At that moment, the historical record is increasingly filled with examples of racists trying to justify racism on grounds other than race. They used arguments about state’s rights to say it was the will of the people in th South for Jim Crow to be the law. They celebrated “separate but equal” saying it was not about inferiority, just difference. They accused the federal government of trying to force social change when “the people” were not ready for that change. They did what they could to make the rational argument for their irrational fear, all the while strategizing to sell it to the larger public. Does any of this sound familiar?

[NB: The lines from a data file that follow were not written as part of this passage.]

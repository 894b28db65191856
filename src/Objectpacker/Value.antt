-- ===== src/Objectpacker/Value.antt =====
-- The values that `packValue` of objectpacker/objectpacker.go meets, by their reflect.Kind.
use icinga_go_library.Prelude.{ℕ, Bool, true, false, ◌&&◌, List}

abbrev pub Bytes : Type 0
Bytes = List ℕ

-- The static types, as far as the packer looks at them; `unsupported` is each type of another kind
-- (integers, structs, channels, functions, …). A type is a finite tree: recursive types are left out.
pub data GoType : Type 0 where
  bool float64 string uint8 interface unsupported : GoType
  slice : GoType → GoType
  array : ℕ → GoType → GoType
  map : GoType → GoType → GoType
  pointer : GoType → GoType

-- `bytes true` is an array of uint8 and `bytes false` a slice of uint8; `list` is an array or slice of
-- another element type. A nil slice or map is an empty one here: the packer does not tell them apart.
mutual
  pub data Value : Type 0 where
    invalid : Value
    bool : Bool → Value
    float64 : ℕ → Value
    string : Bytes → Value
    bytes : Bool → Bytes → Value
    list : GoType → Values → Value
    interface : Value → Value
    map : GoType → GoType → Entries → Value
    nil_pointer : GoType → Value
    pointer : Value → Value
    unsupported : Value

  pub data Values : Type 0 where
    nil : Values
    cons : Value → Values → Values

  -- the key-value pairs in the order in which MapRange yields them
  pub data Entries : Type 0 where
    end : Entries
    entry : Value → Value → Entries → Entries

-- Whether the zero value of a type can be packed. The packer packs such values into io.Discard only
-- to panic on disallowed types.
unfoldable pub zero_packs : GoType → Bool
zero_packs GoType.bool = true
zero_packs GoType.float64 = true
zero_packs GoType.string = true
zero_packs GoType.uint8 = false
zero_packs GoType.interface = true
zero_packs GoType.unsupported = false
zero_packs (GoType.slice GoType.uint8) = true
zero_packs (GoType.slice t) = zero_packs t
zero_packs (GoType.array n GoType.uint8) = true
zero_packs (GoType.array n t) = zero_packs t
zero_packs (GoType.map k v) = zero_packs k && zero_packs v
zero_packs (GoType.pointer t) = zero_packs t
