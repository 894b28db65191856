-- ===== src/Objectpacker/Writer.antt =====
-- `io.Writer` as the packer uses it, and the sequence of writes with their early return on an error.
use icinga_go_library.Prelude.{ℕ, ◌/◌, ◌%◌, ◌^◌, Bool, true, false, [], ◌∷◌, ◌++◌}
use icinga_go_library.Objectpacker.Value.{Bytes}

-- A writer of the caller: `write` returns the new state and whether it succeeded.
pub record Writer : Type 1 where
  pub State : Type 0
  pub write : State → Bytes → State × Bool

-- The writer's error is handed on as it is, and not looked at.
pub data Outcome (S : Type 0) : Type 0 where
  wrote : S → Outcome S
  failed : S → Outcome S
  panicked : Outcome S

abbrev pub Action : Writer → Type 0
Action w = w.State → Outcome w.State

infixl 5 ◌>>◌
abbrev pub ◌>>◌ : {S : Type 0} → (S → Outcome S) → (S → Outcome S) → S → Outcome S
◌>>◌ a b s = elim (a s) [ wrote s' ↦ b s' | failed s' ↦ failed s' | panicked ↦ panicked ]

unfoldable pub done : (w : Writer) → Action w
done w s = wrote s

unfoldable pub panic : (w : Writer) → Action w
panic w s = panicked

-- `if _, err := out.Write(p); err != nil { return err }`
unfoldable pub put : (w : Writer) → Bytes → Action w
put w p s =
    let (s', succeeded) = w.write s p in elim succeeded [ true ↦ wrote s' | false ↦ failed s' ]

-- `binary.BigEndian.PutUint64`
unfoldable pub big_endian : ℕ → Bytes
big_endian n =
    n / 2 ^ 56 % 256
    ∷ n / 2 ^ 48 % 256
    ∷ n / 2 ^ 40 % 256
    ∷ n / 2 ^ 32 % 256
    ∷ n / 2 ^ 24 % 256
    ∷ n / 2 ^ 16 % 256
    ∷ n / 2 ^ 8 % 256
    ∷ n % 256
    ∷ []

-- io.Discard
abbrev pub discard : Writer
discard = record { State = Unit {0}; write = λ s p. (tt, true) }

-- bytes.Buffer
abbrev pub buffer : Writer
buffer = record { State = Bytes; write = λ s p. (s ++ p, true) }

One of the topics I cover each year in my introductory Latino history class is the 1882 Chinese Exclusion Act, the first federal law effectively barring a racial group from immigrating to the U.S. After its passage, people from Latin America continued to immigrate to the U.S. and had no legal impediment to their movement. So why is it important to Latino history? Well, in short, it was the first legal step in a course that nurtured racial hatred and violence against all workers of color; that led to outrages like the deportation of over one hundred thousand United States citizens because of their Mexican heritage; that even, in many ways, fostered the kinds of draconian ICE raids we suffer today.
When the irrational fear and hatred of homophobia is allowed to continue to exist in institutional and systemic ways, then we are all inured by it, whether we be gay, lesbian, transgender, or straight.